Foto con fines ilustrativos, los habitantes de este lugar no necesariamente guardan relación con la información de esta nota.

En nuestro cantón, hay una urgente necesidad no solventada de vivienda digna, quien niegue esta realidad está negando el futuro de las nuevas generaciones de belemitas.

Son los belemitas de segunda o tercera generación quienes sufren en carne propia la escasez de casa; en su mayoría, se trata de familias que crecen y necesitan un techo, generalmente son estratos sociales bajos y medios, con recursos económicos limitados.

El único remedio que encuentra este sector de la población es construir sobre las casas de sus padres, abuelos o tíos. Para constatar esta realidad, solo se requiere salir a caminar y alzar la vista.
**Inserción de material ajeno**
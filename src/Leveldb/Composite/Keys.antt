-- ===== src/Leveldb/Composite/Keys.antt =====
-- The composite keys of the formats `row` and `column` of leveldb/leveldb_db.cc, and their parts.
use my_ycsb_cpp.Prelude.{◌≡◌, ◌≢◌, refl, ◌∷◌, ◌++◌, All, take-append, drop_past}
use my_ycsb_cpp.Prelude.Bytes.{Bytes}
use my_ycsb_cpp.Prelude.Outcome.{done}
use my_ycsb_cpp.Utils.Properties.Lookup.{find_byte_first}
use my_ycsb_cpp.Leveldb.Composite.{
  build_comp_key, row_major, column_major, key_from_comp_key, field_from_comp_key,
}

abbrev pub NoColon : Bytes → Type 0
NoColon = All (λ c. c ≢ b':')

abbrev pub comp_key : Bytes → Bytes → Bytes
comp_key key field = key ++ b':' ∷ field

pub key_from-comp_key :
    (key field : Bytes) → NoColon key → key_from_comp_key (comp_key key field) ≡ key
unfolding key_from_comp_key
key_from-comp_key key field h =
    rw (find_byte_first b':' key field h, key_from_comp_key) (take-append key (b':' ∷ field))

pub field_from-comp_key :
    (key field : Bytes) → NoColon key → field_from_comp_key (comp_key key field) ≡ field
unfolding field_from_comp_key
field_from-comp_key key field h =
    rw (find_byte_first b':' key field h, field_from_comp_key) (drop_past key field b':')

-- A composite key in the row format gives back the key and the field, if the key has no colon; in
-- the column format it gives the two the other way around, if the field's name has no colon.
pub build_comp_key_split :
    (key field : Bytes)
    → NoColon key
    → NoColon field
    → (row column : Bytes) × (build_comp_key row_major key field ≡ done row)
      × (key_from_comp_key row ≡ key)
      × (field_from_comp_key row ≡ field)
      × (build_comp_key column_major key field ≡ done column)
      × (key_from_comp_key column ≡ field)
      × (field_from_comp_key column ≡ key)
unfolding build_comp_key
build_comp_key_split key field h hf = (
  comp_key key field,
  comp_key field key,
  refl,
  key_from-comp_key key field h,
  field_from-comp_key key field h,
  refl,
  key_from-comp_key field key hf,
  field_from-comp_key field key hf,
)
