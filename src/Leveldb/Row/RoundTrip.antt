-- ===== src/Leveldb/Row/RoundTrip.antt =====
-- What the readers of a row make of a row that SerializeRow wrote.
use my_ycsb_cpp.Prelude.{
  ℕ, zero, suc, ◌+◌, ◌*◌, ◌/◌, ◌%◌, ◌^◌, ◌<◌, ◌≡◌, refl, ◌∙◌, List, [], ◌∷◌, ◌++◌, length, All,
  arith, if◌then◌else◌, length-append, take-append, drop-append, Bool-cases, inl, inr, ge→ltb,
}
use my_ycsb_cpp.Prelude.Bits.{u32}
use my_ycsb_cpp.Prelude.Bytes.{Bytes, bytes_eq}
use my_ycsb_cpp.Prelude.Outcome.{done, after_done}
use my_ycsb_cpp.Db.{Field}
use my_ycsb_cpp.Leveldb.Row.{
  chunk, serialize_row, read_chunk, read_field, row_loop, deserialize_row, filter_loop,
  deserialize_row_filter,
}

-- A field whose lengths fit into 32 bits.
abbrev pub FitsWord : Field → Type 0
FitsWord field = (length field.name < 2 ^ 32) × (length field.value < 2 ^ 32)

word :
    (n : ℕ)
    → n < 2 ^ 32
    → n % 256 + 256 * (n / 256 % 256) + 65536 * (n / 65536 % 256) + 16777216 * (n / 16777216 % 256)
      ≡ n
word n h = omega arith

read_chunk-chunk :
    (s rest : Bytes) → length s < 2 ^ 32 → read_chunk (chunk s ++ rest) ≡ done (s, rest)
unfolding read_chunk
read_chunk-chunk s rest h =
    let small : u32 (length s) ≡ length s = omega arith in
    rw
      (
        small,
        word (length s) h,
        ge→ltb (length (s ++ rest)) (length s) (omega (arith, length-append s rest)),
        take-append s rest,
        drop-append s rest,
      )
      refl

read_field-chunks :
    (field : Field) (rest : Bytes)
    → FitsWord field
    → read_field (chunk field.name ++ (chunk field.value ++ rest)) ≡ done (field, rest)
unfolding read_field
read_field-chunks field rest h =
    after_done _ (read_chunk-chunk field.name (chunk field.value ++ rest) h.0)
    ∙ after_done _ (read_chunk-chunk field.value rest h.1)

length-serialize_row :
    (field : Field) (values : List Field)
    → length (serialize_row values) < length (serialize_row (field ∷ values))
unfolding serialize_row
length-serialize_row field values = omega (
  arith,
  length-append field.name (chunk field.value ++ serialize_row values),
  length-append field.value (serialize_row values),
)

row_loop-serialize_row :
    (fuel : ℕ) (values : List Field)
    → length (serialize_row values) < fuel
    → All FitsWord values
    → row_loop fuel (serialize_row values) ≡ done values
unfolding row_loop serialize_row
row_loop-serialize_row zero values enough fit = absurd (omega arith)
row_loop-serialize_row (suc fuel) [] enough fit = refl
row_loop-serialize_row (suc fuel) (field ∷ values) enough fit =
    let less = length-serialize_row field values in
    after_done _ (read_field-chunks field (serialize_row values) fit.0)
    ∙ after_done _ (row_loop-serialize_row fuel values (omega (arith, less)) fit.1)

-- Reading a whole row gives back the fields that were written, in their order, if every name and
-- every value is shorter than 2^32 bytes.
pub deserialize_row-serialize_row :
    (values : List Field)
    → All FitsWord values
    → deserialize_row (serialize_row values) ≡ done values
unfolding deserialize_row
deserialize_row-serialize_row values fit =
    row_loop-serialize_row (suc (length (serialize_row values))) values (omega arith) fit

-- The fields that the names ask for: the first with the first name, then, behind it, the first
-- with the second name, and so on.
unfoldable pub select : List Field → List Bytes → List Field
unfolding bytes_eq
select [] names = []
select (field ∷ values) [] = []
select (field ∷ values) (name ∷ names) =
    if bytes_eq name field.name then field ∷ select values names else select values (name ∷ names)

filter_loop-serialize_row :
    (fuel : ℕ) (values : List Field) (names : List Bytes)
    → length (serialize_row values) < fuel
    → All FitsWord values
    → filter_loop fuel (serialize_row values) names ≡ done (select values names)
unfolding filter_loop select serialize_row
filter_loop-serialize_row zero values names enough fit = absurd (omega arith)
filter_loop-serialize_row (suc fuel) [] names enough fit = refl
filter_loop-serialize_row (suc fuel) (field ∷ values) [] enough fit = refl
filter_loop-serialize_row (suc fuel) (field ∷ values) (name ∷ names) enough fit =
    let less = length-serialize_row field values in
    after_done _ (read_field-chunks field (serialize_row values) fit.0)
    ∙ (elim (Bool-cases (bytes_eq name field.name)) [
      | inl same ↦
          rw same
            (after_done _ (filter_loop-serialize_row fuel values names (omega (arith, less)) fit.1))
      | inr other ↦
          rw other
            (filter_loop-serialize_row fuel values (name ∷ names) (omega (arith, less)) fit.1)
    ])

pub deserialize_row_filter-serialize_row :
    (values : List Field) (names : List Bytes)
    → All FitsWord values
    → deserialize_row_filter (serialize_row values) names ≡ done (select values names)
unfolding deserialize_row_filter
deserialize_row_filter-serialize_row values names fit =
    filter_loop-serialize_row (suc (length (serialize_row values))) values names (omega arith) fit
En zonas como Residencial Belén, La Asunción, La Amistad y en La Ribera, el asunto es evidente.

Esto que vemos ante nuestros ojos es solo un síntoma que merece un análisis más profundo, porque lo que está actualmente en juego es el futuro del cantón.

A quienes estamos dejando sin opciones de casas son a nuestros propios vecinos y esto es tocar una de las fibras más sensibles del belemita, el arraigo, el orgullo por ser quienes somos y de donde somos.

Sin embargo, en Belén, no es que no se desarrollen proyectos de viviendas, al contrario, hay planes para construir miles de casas en modalidad de condominio, pero todos sabemos su millonario costo y que, por norma, no están destinadas a suplir la demanda interna, más bien son cotizadas por foráneos que sí tienen el dinero para su compra.

Otro de los pecados de nuestra cantón es el alto precio de la tierra, desde hace décadas se cotiza en cientos de dólares el metro cuadrado, por lo cual su acceso se restringe solo a ciertas clases sociales.

Es mejor no esperar nada del Gobierno Central, que no mira nuestro cantón como prioridad en el desarrollo de proyectos de vivienda de interés social, ¿nuestro pecado? ser una comunidad con supuestos altos niveles de desarrollo humano.

En cuanto a la Muni, el único esfuerzo que realizó en los últimos años fue el desarrollo del condominio San Martín, ubicado por el Polideportivo, proyecto que surgió como respuesta ante las inundaciones de hace ya 10 años.

Legalmente, a la Muni no le compete construir vivienda; sin embargo, si es necesario que las autoridades locales reaccionen ante este tema para plantear acciones. A nivel de ayuntamientos, en Curridabat se ideó un programa como “Date tu casa”, basado en la cooperación ciudadana, un esfuerzo válido en todo sentido.

Este fenómeno sucede a nivel nacional; sin embargo, somos nosotros los que conocemos este cantón y que debemos desarrollar ideas y planes innovadores a fin de cumplir el sueño de muchos de contar con casa propia en la comunidad que nos vio nacer.